Webmin's Linux-Firewall will not 'Activate at Boot' inside a Virtuozzo/OpenVZ VPS when running on Debian Lenny. I was surprised to find out, that my firewall had disappeared even after setting it in Webmin to start automatically during reboot. This has changed from Debian 4 to Debian 5, and may apply to other distros.
The setting will be lost after reboot due to interference from Virtuozzo/OpenVZ. The setting is recorded inside the file /etc/network/interfaces (as marked):
# This configuration file is auto-generated.
# WARNING: Do not edit this file, otherwise your changes will be lost.

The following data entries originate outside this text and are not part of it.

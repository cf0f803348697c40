-- ===== src/Lib.antt =====
-- Verification of the applications of uwb-apps (apps/) and of their libraries (lib/).
--
-- The programs run on radio boards. A TDMA service calls the slot callbacks of an application, the
-- radio driver calls its completion callbacks, and a settings service calls it when the
-- configuration changes. These services, the kernel and the Bluetooth host are not in the
-- repository. A call of them is an entry of a trace (`Radio.Cmd`, `Ble.Call`), and what they return
-- is an argument of the model, so each theorem holds for every answer that they may give.
--
-- Text        decimal and hexadecimal numerals as printf writes them, and how they read back
-- Json        JSON documents with their text
-- Float       the floats of the programs, with their arithmetic as a parameter
-- Radio       the trace of calls; the mask on the start of a transmission
-- Tdma        what a slot callback reads, and the expressions that the callbacks share
-- Backhaul    lib/rtdoa_backhaul/src/rtdoa_backhaul.c and its header. Packet: the structures;
--             State: the globals and the queue; Copied: what a copy of the first bytes of a packet
--             leaves, with Whole about it; Send, Receive, Sensors and Print: the operations.
--             Wait is about the semaphore, Pool about the message buffers, Repeats about the filter
--             for repeated packets, Fifo about a bridge from its radio to its console, Send/Packing
--             about the packets that are sent, Delivery about the way from a tag to the console,
--             SensorFlags about the bits of the readings, and the children of Print about the two forms of the printed line and its numbers.
-- Rtdoa       apps/rtdoa_node/src/main.c (Node) and apps/rtdoa_tag/src/main.c (Tag, Sensors); Slots
--             compares their slot plans, Turns is about who asks in the ranging slot,
--             Sensors/Ends about the loops of the sensor timer, Console about the way from the slots of a tag to its
--             console. The tag sends by Backhaul.
-- Twr         apps/twr_nranges_tdma (Nranges), apps/twr_node_tdma (Node), apps/twr_tag_tdma (Tag)
--             and apps/twr_aloha (Aloha), each src/main.c; Sharing, Rotation and Plan have theorems,
--             and Timeouts is about the timeout that the node keeps between slots
-- Streaming   apps/streaming/src/main.c; Loss is about its counters, Transport about the way
--             from the sender to them, Plan about its slots
-- Tdoa        apps/tdoa_tag/src/main.c, with its settings in Conf; Blink is about its timer
-- Ota         apps/ota_uwb_master/src/main.c and apps/ota_uwb_slave/src/main.c
-- Ble         lib/bleprph/src/bleprph.c and gatt_svr.c; Links is about its events, Name about the
--             name of the device
-- Listener    apps/listener/src/main.c. Structs: its structures; Conf: the settings; Receive: the
--             reception, also with the boards of PDOA_SPI; Laws: both. Print: the lines that it prints
--             and sends, with Values and Document about them. Impulse: the impulse responses in a
--             line. Boards: the measurements of the boards; Net: what comes in over the network.
--             Radios: how new settings reach the radios.
-- Startup     `main` of each application, as the list of its calls: Ranging, Location and Others;
--             Banner: the lines that it prints. Order is about what comes before what.
-- Updates     the protocol for new settings that four applications share
-- Tests       the theorems at concrete inputs
--
-- A function of C has the name of the C function. State that a function changes is an argument and
-- a result, with the trace of its calls. Machine integers are natural numbers with their wrap-around
-- written out; a float is its bit pattern, and the arithmetic on floats is a parameter. Loops are
-- recursions on the rounds that are left, which the callers count as the C code does: the slots
-- below the number of slots, the 18 packets of a stream burst, the bits of a mask, the frames of an
-- instance. The two loops of the sensor timer wait for hardware; they take fuel, one unit for each
-- read, and end with nothing when it runs out. The loop that echoes data from the network takes fuel
-- too, and more fuel than bytes is enough. Callbacks interleave in `Backhaul.Wait.Step`, a relation
-- with a step for each point of a listen, and in the event lists of `Backhaul.Fifo.run` and
-- `Rtdoa.Console.run`.
--
-- Not modelled: the text of the messages that a slot or completion callback prints where a call
-- fails (an entry of the trace stands for each), and the calculations of the radio library. The bytes
-- of a packet are kept as the structure that lies in them, and a copy of some of them is cut field by
-- field; the header of a frame, which is a structure of the radio library, is shorter than any packet
-- that is taken and always whole. An entry of a packet past the end of its array is not
-- modelled, nor a failed assert on the copy of an impulse response in the listener.
pub mod Prelude
pub mod Text
pub mod Json
pub mod Float
pub mod Radio
pub mod Tdma
pub mod Backhaul
pub mod Rtdoa
pub mod Twr
pub mod Ota
pub mod Streaming
pub mod Tdoa
pub mod Ble
pub mod Listener
pub mod Startup
pub mod Updates
pub mod Tests
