-- ===== src/Backhaul.antt =====
-- lib/rtdoa_backhaul: packets with a tag's range differences and sensor readings, sent over the air
-- or to the device itself, received and printed.
pub mod Packet
pub mod State
pub mod Pool
pub mod Wait
pub mod Repeats
pub mod Send
pub mod Receive
pub mod Sensors
pub mod SensorFlags
pub mod Print
pub mod Fifo
pub mod Copied
pub mod Delivery
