-- ===== src/Text.antt =====
-- The text that the programs print: lists of code points, and the conversions of `printf` that they
-- use on integers.
use Prim.Native.Char.{code}
use Prim.Native.String.{String}
use uwb_apps.Prelude.{
  ℕ, zero, suc, ◌+◌, ◌-◌, ◌/◌, ◌%◌, Bool, true, false, not, ◌&&◌, List, [], ◌∷◌, ◌++◌, length,
  replicate, ltb, leb, ◌==◌, if◌then◌else◌,
}
use uwb_apps.Prelude.Int.{ℤ, pos, negsuc}
pub mod Decimal
pub mod Fixed

abbrev pub Text : Type 0
Text = List ℕ

-- The code points of a literal.
abbrev pub codes : String → Text
codes String.[] = []
codes (String.◌∷◌ c s) = code c ∷ codes s

-- Digits in decimal, and in lower-case hexadecimal. The rounds are one more than the number, so that
-- they do not run out.
unfoldable pub dec_loop : ℕ → ℕ → Text
dec_loop zero n = []
dec_loop (suc f) n =
    let more = dec_loop f (n / 10) in (if ltb n 10 then [] else more) ++ (48 + n % 10) ∷ []

unfoldable pub dec : ℕ → Text
unfolding dec_loop
dec n = dec_loop (suc n) n

abbrev pub hex_digit : ℕ → ℕ
hex_digit d = if ltb d 10 then 48 + d else 87 + d

unfoldable pub hex_loop : ℕ → ℕ → Text
hex_loop zero n = []
hex_loop (suc f) n =
    let more = hex_loop f (n / 16) in (if ltb n 16 then [] else more) ++ hex_digit (n % 16) ∷ []

unfoldable pub hex : ℕ → Text
unfolding hex_loop
hex n = hex_loop (suc n) n

-- Letters in upper case, and `%X`.
abbrev pub to_upper : ℕ → ℕ
to_upper c = if leb b'a' c && leb c b'f' then c - 32 else c

abbrev pub upper : Text → Text
upper [] = []
upper (c ∷ t) = to_upper c ∷ upper t

unfoldable pub hex_upper : ℕ → Text
hex_upper n = upper (hex n)

-- A text filled up with zeros on the left.
abbrev pub pad : ℕ → Text → Text
pad width t = replicate (width - length t) b'0' ++ t

-- `%d`
abbrev pub dec_ℤ : ℤ → Text
dec_ℤ (pos n) = dec n
dec_ℤ (negsuc n) = b'-' ∷ dec (suc n)

-- `%0wd` for a width of w
abbrev pub pad_ℤ : ℕ → ℤ → Text
pad_ℤ width (pos n) = pad width (dec n)
pad_ℤ width (negsuc n) = b'-' ∷ pad (width - 1) (dec (suc n))

abbrev pub is_digit : ℕ → Bool
is_digit c = leb b'0' c && leb c b'9'

-- What a text between quotes may hold as it stands: no quote, no backslash, no control character.
abbrev pub is_plain : ℕ → Bool
is_plain c = leb 32 c && not (c == b'"') && not (c == b'\\')
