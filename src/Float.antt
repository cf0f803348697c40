-- ===== src/Float.antt =====
-- Floating-point numbers. A `float` is its bit pattern, so 0 is what `memset` leaves. The compiler's
-- arithmetic on floats is a parameter: what is shown of the programs holds for every arithmetic.
use uwb_apps.Prelude.{ℕ, Bool, ◌++◌, ◌∷◌}
use uwb_apps.Prelude.Int.{ℤ, abs_ℤ}
use uwb_apps.Text.{Text, dec, dec_ℤ, pad}

abbrev pub Float : Type 0
Float = ℕ

-- `to_int` drops the fraction, as a cast does; `div` is a division in `double`, `quotient` one in
-- `float`; `fabs` is the magnitude, `roundf` the nearest whole number as a `float`, and `nan` what
-- `nanf` gives.
pub record FloatOps : Type 0 where
  pub is_nan : Float → Bool
  pub add : Float → Float → Float
  pub sub : Float → Float → Float
  pub mul : Float → Float → Float
  pub div : Float → Float → Float
  pub quotient : Float → Float → Float
  pub fabs : Float → Float
  pub roundf : Float → Float
  pub nan : Float
  pub less : Float → Float → Bool
  pub round : Float → ℤ
  pub floor : Float → ℤ
  pub to_int : Float → ℤ
  pub of_int : ℤ → Float

-- The literals of the sources, by value.
abbrev pub f_1000 : Float
f_1000 = 0x447A0000

abbrev pub f_1 : Float
f_1 = 0x3F800000

abbrev pub f_half : Float
f_half = 0x3F000000

abbrev pub f_10 : Float
f_10 = 0x41200000

abbrev pub f_100 : Float
f_100 = 0x42C80000

abbrev pub f_128 : Float
f_128 = 0x43000000

abbrev pub f_5 : Float
f_5 = 0x40A00000

abbrev pub f_3 : Float
f_3 = 0x40400000

abbrev pub f_1000000 : Float
f_1000000 = 0x49742400

abbrev pub f_1000000000 : Float
f_1000000000 = 0x4E6E6B28

abbrev pub f_minus_200 : Float
f_minus_200 = 0xC3480000

abbrev pub f_minus_101300 : Float
f_minus_101300 = 0xC7C5DA00

-- `0.001f` and `0.10`, as floats
abbrev pub f_one_thousandth : Float
f_one_thousandth = 0x3A83126F

abbrev pub f_tenth : Float
f_tenth = 0x3DCCCCCD

-- A `double`, as its bit pattern.
abbrev pub Double : Type 0
Double = ℕ

-- Arithmetic in `double`, with the conversions from and to `float`.
pub record DoubleOps : Type 0 where
  pub widen : Float → Double
  pub narrow : Double → Float
  pub add_d : Double → Double → Double
  pub sub_d : Double → Double → Double
  pub mul_d : Double → Double → Double
  pub less_d : Double → Double → Bool

abbrev pub d_1 : Double
d_1 = 0x3FF0000000000000

-- `2.900`
abbrev pub d_2_9 : Double
d_2_9 = 0x4007333333333333

abbrev pub d_5 : Double
d_5 = 0x4014000000000000

module _ (ops : FloatOps) where
  -- `x-(int)x`
  abbrev pub fraction : Float → Float
  fraction x = ops.sub x (ops.of_int (ops.to_int x))

  -- `abs((int)(scale*(x-(int)x)))`, or the same product the other way round
  abbrev pub places : Float → Float → ℕ
  places scale x = abs_ℤ (ops.to_int (ops.mul scale (fraction x)))

  -- `%d.%0wd` of `(int)x` and these places; `%d.%d` is the one for a width of 0
  abbrev pub dotted : ℕ → Float → Float → Text
  dotted width scale x = dec_ℤ (ops.to_int x) ++ b'.' ∷ pad width (dec (places scale x))
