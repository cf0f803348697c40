-- ===== src/Backhaul/Packet.antt =====
-- The packets of lib/rtdoa_backhaul: the structures and constants of
-- lib/rtdoa_backhaul/include/rtdoa_backhaul/rtdoa_backhaul.h.
use uwb_apps.Prelude.{ℕ, ◌+◌, ◌*◌, Bool, false, List, replicate}
use uwb_apps.Prelude.Int.{ℤ, pos}
use uwb_apps.Float.{Float}

-- What the build and the libraries fix: the size of their frame header, RTDOABH_MAXNUM_RANGES, and
-- the values of UWB_BROADCAST_ADDRESS and OS_ENOMEM.
pub record Params : Type 0 where
  pub head_size : ℕ
  pub max_ranges : ℕ
  pub broadcast : ℕ
  pub enomem : ℕ

abbrev pub fcntl_ieee_rtdoabh : ℕ
fcntl_ieee_rtdoabh = 0x88C1

abbrev pub dwt_rtdoabh_code : ℕ
dwt_rtdoabh_code = 0x6003

-- Three components of an `int16_t[3]`.
pub record Axes : Type 0 where
  pub a0 : ℤ
  pub a1 : ℤ
  pub a2 : ℤ

-- `struct rtdoabh_sensor_data`
pub record SensorData : Type 0 where
  pub ts : ℕ
  pub sensors_valid : ℕ
  pub has_usb_power : Bool
  pub is_anchor_data : Bool
  pub gps_lat : Float
  pub gps_long : Float
  pub battery_voltage : ℤ
  pub pressure : ℤ
  pub compass : Axes
  pub acceleration : Axes
  pub gyro : Axes

abbrev pub sizeof_sensor_data : ℕ
sizeof_sensor_data = 8 + 2 + 4 + 4 + 1 + 2 + 6 + 6 + 6

-- `struct rtdoabh_range_data`
pub record RangeData : Type 0 where
  pub anchor_addr : ℕ
  pub diff_dist_mm : ℤ
  pub rssi : ℤ
  pub quality : ℤ

abbrev pub sizeof_range_data : ℕ
sizeof_range_data = 2 + 4 + 2

-- The fields of `struct _ieee_rng_request_frame_t` that the library sets and reads.
pub record Head : Type 0 where
  pub fctrl : ℕ
  pub seq_num : ℕ
  pub pan_id : ℕ
  pub dst_address : ℕ
  pub src_address : ℕ
  pub code : ℕ

-- `struct rtdoabh_tag_results_pkg`
pub record ResultsPkg : Type 0 where
  pub head : Head
  pub sensors : SensorData
  pub ref_anchor_addr : ℕ
  pub num_ranges : ℕ
  pub ranges : List RangeData

abbrev pub no_axes : Axes
no_axes = record { a0 = pos 0; a1 = pos 0; a2 = pos 0 }

-- What `memset` to 0 leaves.
abbrev pub zero_sensors : SensorData
zero_sensors = record {
  ts = 0;
  sensors_valid = 0;
  has_usb_power = false;
  is_anchor_data = false;
  gps_lat = 0;
  gps_long = 0;
  battery_voltage = pos 0;
  pressure = pos 0;
  compass = no_axes;
  acceleration = no_axes;
  gyro = no_axes;
}

abbrev pub zero_range : RangeData
zero_range = record { anchor_addr = 0; diff_dist_mm = pos 0; rssi = pos 0; quality = pos 0 }

-- The initial value of `g_result_pkg` and of `g_result_pkg_imu`.
unfoldable pub initial_pkg : Params → ResultsPkg
initial_pkg k = record {
  head = record {
    fctrl = fcntl_ieee_rtdoabh;
    seq_num = 0;
    pan_id = 0xDECA;
    dst_address = 0xffff;
    src_address = 0;
    code = dwt_rtdoabh_code;
  };
  sensors = zero_sensors;
  ref_anchor_addr = 0;
  num_ranges = 0;
  ranges = replicate k.max_ranges zero_range;
}

-- `offsetof(struct rtdoabh_tag_results_pkg, num_ranges)`
abbrev pub split_at : Params → ℕ
split_at k = k.head_size + sizeof_sensor_data + 2

abbrev pub sizeof_pkg : Params → ℕ
sizeof_pkg k = split_at k + 1 + sizeof_range_data * k.max_ranges
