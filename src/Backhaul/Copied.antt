-- ===== src/Backhaul/Copied.antt =====
-- What a copy of the first bytes of a packet into a cleared struct leaves, as
-- `process_rx_data_queue` of lib/rtdoa_backhaul/src/rtdoa_backhaul.c makes it: `memset`, then
-- `os_mbuf_copydata` of `payload_len` bytes. The struct is packed and little-endian. Its header, which is
-- a struct of the library, is shorter than a packet that is taken, and always whole.
pub mod Whole
use uwb_apps.Prelude.{
  ℕ, ◌+◌, ◌*◌, ◌-◌, ◌%◌, ◌^◌, ◌≤◌, ◌≡◌, refl, ap, sym, ◌∙◌, Bool, true, false, ◌&&◌, List, [], ◌∷◌,
  length, all, leb, if◌then◌else◌, arith,
}
use uwb_apps.Prelude.Int.{ℤ, pos, to_unsigned}
use uwb_apps.Backhaul.Packet.{
  Params, Axes, SensorData, RangeData, ResultsPkg, sizeof_sensor_data, sizeof_range_data, split_at,
}

-- A field of `width` bytes that starts at byte `from`, where `len` bytes are copied: the low bytes
-- come first, and those that are not copied are 0.
abbrev pub cut : (len from width : ℕ) → ℕ → ℕ
cut len from width x = if leb (from + width) len then x else x % 2 ^ (8 * (len - from))

-- The same of a signed field: without its last byte it is not negative.
abbrev pub cut_int : (len from width : ℕ) → ℤ → ℤ
cut_int len from width z =
    if leb (from + width) len then z else pos (to_unsigned (8 * width) z % 2 ^ (8 * (len - from)))

-- A flag in the last byte of a field.
abbrev pub cut_flag : (len end : ℕ) → Bool → Bool
cut_flag len end f = leb end len && f

abbrev pub cut_axes : (len from : ℕ) → Axes → Axes
cut_axes len from a = record {
  a0 = cut_int len from 2 a.a0;
  a1 = cut_int len (from + 2) 2 a.a1;
  a2 = cut_int len (from + 4) 2 a.a2;
}

-- `struct rtdoabh_sensor_data` at byte `from`
unfoldable pub cut_sensors : (len from : ℕ) → SensorData → SensorData
cut_sensors len from s = record {
  ts = cut len from 8 s.ts;
  sensors_valid = cut len (from + 8) 2 s.sensors_valid;
  has_usb_power = cut_flag len (from + 10) s.has_usb_power;
  is_anchor_data = cut_flag len (from + 10) s.is_anchor_data;
  gps_lat = cut len (from + 10) 4 s.gps_lat;
  gps_long = cut len (from + 14) 4 s.gps_long;
  battery_voltage = cut_int len (from + 18) 1 s.battery_voltage;
  pressure = cut_int len (from + 19) 2 s.pressure;
  compass = cut_axes len (from + 21) s.compass;
  acceleration = cut_axes len (from + 27) s.acceleration;
  gyro = cut_axes len (from + 33) s.gyro;
}

-- `struct rtdoabh_range_data` at byte `from`; the quality is in the last byte.
unfoldable pub cut_range : (len from : ℕ) → RangeData → RangeData
cut_range len from r = record {
  anchor_addr = cut len from 2 r.anchor_addr;
  diff_dist_mm = cut_int len (from + 2) 4 r.diff_dist_mm;
  rssi = cut_int len (from + 6) 2 r.rssi;
  quality = if leb (from + 8) len then r.quality else pos 0;
}

unfoldable pub cut_ranges : (len from : ℕ) → List RangeData → List RangeData
cut_ranges len from [] = []
cut_ranges len from (r ∷ rs) = cut_range len from r ∷ cut_ranges len (from + sizeof_range_data) rs

-- The first `len` bytes of a packet, and zeros.
unfoldable pub copied : Params → ℕ → ResultsPkg → ResultsPkg
copied k len p = record {
  head = p.head;
  sensors = cut_sensors len k.head_size p.sensors;
  ref_anchor_addr = cut len (k.head_size + sizeof_sensor_data) 2 p.ref_anchor_addr;
  num_ranges = cut len (split_at k) 1 p.num_ranges;
  ranges = cut_ranges len (split_at k + 1) p.ranges;
}

-- A packet that is copied up to its last entry.
abbrev pub is_whole : Params → ℕ → ResultsPkg → Bool
is_whole k len p = leb (split_at k + 1 + sizeof_range_data * p.num_ranges) len
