-- ===== src/Backhaul/State.antt =====
-- The state of lib/rtdoa_backhaul/src/rtdoa_backhaul.c: its globals and the statics of its
-- callbacks, its statistics, and the operations on its queue of received packets. The message
-- buffers belong to the kernel: whether a buffer is had, and what a copy or a put returns, comes from
-- outside, and `held` counts the chains that were taken from the pool and not given back.
use Prim.Native.Nat.{min}
use uwb_apps.Prelude.{
  ℕ, suc, ◌+◌, ◌-◌, ◌%◌, ◌^◌, Bool, true, false, List, [], ◌∷◌, ◌++◌, u32, ltb, ◌==◌, if◌then◌else◌,
}
use uwb_apps.Backhaul.Copied.{copied}
use uwb_apps.Backhaul.Packet.{Params, ResultsPkg, SensorData, initial_pkg, sizeof_pkg}

-- `rtdoa_backhaul_role_t`
pub data Role : Type 0 where
  invalid bridge producer : Role

abbrev pub is_bridge : Role → Bool
is_bridge bridge = true
is_bridge _ = false

-- The counters of `tag_stats`; `anchors` holds a00 to a03 as pairs of range and rssi.
pub record Stats : Type 0 where
  pub num_ranges : ℕ
  pub tx_ok : ℕ
  pub tx_err : ℕ
  pub rx_ok : ℕ
  pub rx_drop : ℕ
  pub rx_error : ℕ
  pub anchors : List (ℕ × ℕ)

-- A queued chain: the `dlen` bit-field of its header, and the struct whose first `dlen` bytes were
-- copied into it.
pub record Mbuf : Type 0 where
  pub dlen : ℕ
  pub body : ResultsPkg

pub record Backhaul : Type 0 where
  pub sem : ℕ
  pub msg_id : ℕ
  pub role : Role
  pub to_dx_time : ℕ
  pub pkg : ResultsPkg
  pub pkg_imu : ResultsPkg
  pub last_address : ℕ
  pub last_seq_num : ℕ
  pub queue : List Mbuf
  pub held : ℕ
  pub stats : Stats

-- What the kernel answers to one attempt to queue a packet: whether a buffer is free, and the
-- return codes of `os_mbuf_copyinto` and `os_mqueue_put` (0 is success).
pub record MbufCalls : Type 0 where
  pub alloc : Bool
  pub copy_rc : ℕ
  pub put_rc : ℕ

-- `uint16_t dlen:15`
abbrev pub dlen_field : ℕ → ℕ
dlen_field n = n % 2 ^ 15

abbrev pub take_mbuf : Backhaul → Backhaul
take_mbuf b = record b { held = suc b.held }

abbrev pub free_chain : Backhaul → Backhaul
free_chain b = record b { held = b.held - 1 }

abbrev pub put : Backhaul → ℕ → ResultsPkg → Backhaul
put b len p = record b { queue = b.queue ++ record { dlen = len; body = p } ∷ [] }

-- `rtdoa_local_send`: the packet goes to the queue of this device itself.
unfoldable pub local_send : Params → MbufCalls → ResultsPkg → ℕ → Backhaul → Backhaul × ℕ
local_send k m p dlen b =
    if m.alloc
    then (let len = dlen_field dlen in
        let t = take_mbuf b in
        if m.copy_rc == 0
        then (if m.put_rc == 0 then (put t len p, 0) else (free_chain t, m.put_rc))
        else (free_chain t, m.copy_rc))
    else (b, k.enomem)

-- What `process_rx_data_queue` hands to `rtdoa_backhaul_print`: the message number that it prints,
-- and the first `payload_len` bytes of the struct, the rest cleared.
pub record Printed : Type 0 where
  pub mid : ℕ
  pub payload_len : ℕ
  pub body : ResultsPkg

-- What is printed of a queued chain: as many of its bytes as the struct has, the rest cleared.
abbrev pub shown : Params → Mbuf → ResultsPkg
shown k m = copied k (min m.dlen (sizeof_pkg k)) m.body

-- One turn of the loop of `process_rx_data_queue`. `copies` is whether `os_mbuf_copydata` succeeds.
unfoldable pub process_one : Params → (Mbuf → Bool) → Mbuf → Backhaul → Backhaul × List Printed
process_one k copies m b =
    let len = if ltb (sizeof_pkg k) m.dlen then sizeof_pkg k else m.dlen in
    if is_bridge b.role
    then (if copies m
        then (
          free_chain (record b { msg_id = u32 (b.msg_id + 1) }),
          record { mid = b.msg_id; payload_len = len; body = copied k len m.body } ∷ [],
        )
        else (free_chain b, []))
    else (free_chain b, [])

unfoldable pub process_all : Params → (Mbuf → Bool) → List Mbuf → Backhaul → Backhaul × List Printed
process_all k copies [] b = (b, [])
process_all k copies (m ∷ ms) b =
    let (b', out) = process_one k copies m b in
    let (b'', rest) = process_all k copies ms b' in (b'', out ++ rest)

-- `process_rx_data_queue`: takes every chain off the queue, prints it at a bridge, and frees it.
unfoldable pub process_rx_data_queue : Params → (Mbuf → Bool) → Backhaul → Backhaul × List Printed
unfolding process_all
process_rx_data_queue k copies b = process_all k copies b.queue (record b { queue = [] })

-- `if (os_sem_get_count(&g_sem) == 0) os_sem_release(&g_sem);`
abbrev pub release_if_taken : Backhaul → Backhaul
release_if_taken b = if b.sem == 0 then record b { sem = suc b.sem } else b

-- `rtdoa_backhaul_set_role`, `rtdoa_backhaul_set_a2a`, `rtdoa_backhaul_set_ts`
unfoldable pub set_role : Role → Backhaul → Backhaul
set_role r b = record b { role = r }

pub set_a2a : Backhaul → Backhaul
set_a2a b = record b { pkg = record p { sensors = record s { is_anchor_data = true } } }
  where
    open b use {pkg as p}

    s : SensorData
    s = p.sensors

unfoldable pub set_ts : ℕ → Backhaul → Backhaul
set_ts time b = record b { pkg = record p { sensors = record s { ts = time } } }
  where
    open b use {pkg as p}

    s : SensorData
    s = p.sensors

-- The globals after `rtdoa_backhaul_init` and `rtdoa_backhaul_pkg_init` on a device.
unfoldable pub init : Params → ℕ → Backhaul
unfolding initial_pkg
init k my_short_address = record {
  sem = 1;
  msg_id = 0;
  role = invalid;
  to_dx_time = 0;
  pkg = addressed;
  pkg_imu = addressed;
  last_address = 0;
  last_seq_num = 0;
  queue = [];
  held = 0;
  stats = record {
    num_ranges = 0;
    tx_ok = 0;
    tx_err = 0;
    rx_ok = 0;
    rx_drop = 0;
    rx_error = 0;
    anchors = (0, 0) ∷ (0, 0) ∷ (0, 0) ∷ (0, 0) ∷ [];
  };
}
  where
    addressed : ResultsPkg
    addressed =
        let p = initial_pkg k in
        record p { head = record (p.head) { src_address = my_short_address } }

# Please edit template /etc/network/interfaces.template instead.
auto lo
iface lo inet loopback
address 127.0.0.1
netmask 255.0.0.0
broadcast 127.255.255.255
up ip route replace 127.0.0.0/8 dev lo
post-up iptables-restore < /etc/iptables.up.rules
# Auto generated venet0 interfaces
auto venet0
...
In Virtuozzo/OpenVZ, the file is overwritten at each reboot, as documented here: http://wiki.vpslink.com/Differences_between_Virtual_Private_Servers_and_Dedicated_Servers
Webmin does not take this into account, as it has no awareness of the VPS environment. As a result the Webmin setting cannot be used inside the VPS. A workaround is to manually append the setting to /etc/network/interfaces.template in the applicable location:
post-up iptables-restore < /etc/iptables.up.rules
Comments
Submitted by JamieCameron on Mon, 06/08/2009 - 18:51 Comment #1
There is a work-around for this - in the Linux Firewall module, click on Module Config and set the 'IPtables save file to edit' to /etc/iptables.up.rules . Then enable the firewall at boot.
This will cause Webmin to create a separate init script to run iptables-restore at boot.
Submitted by Issues on Sun, 06/28/2009 - 01:25 Comment #2
Automatically closed -- issue fixed for 2 weeks with no activity.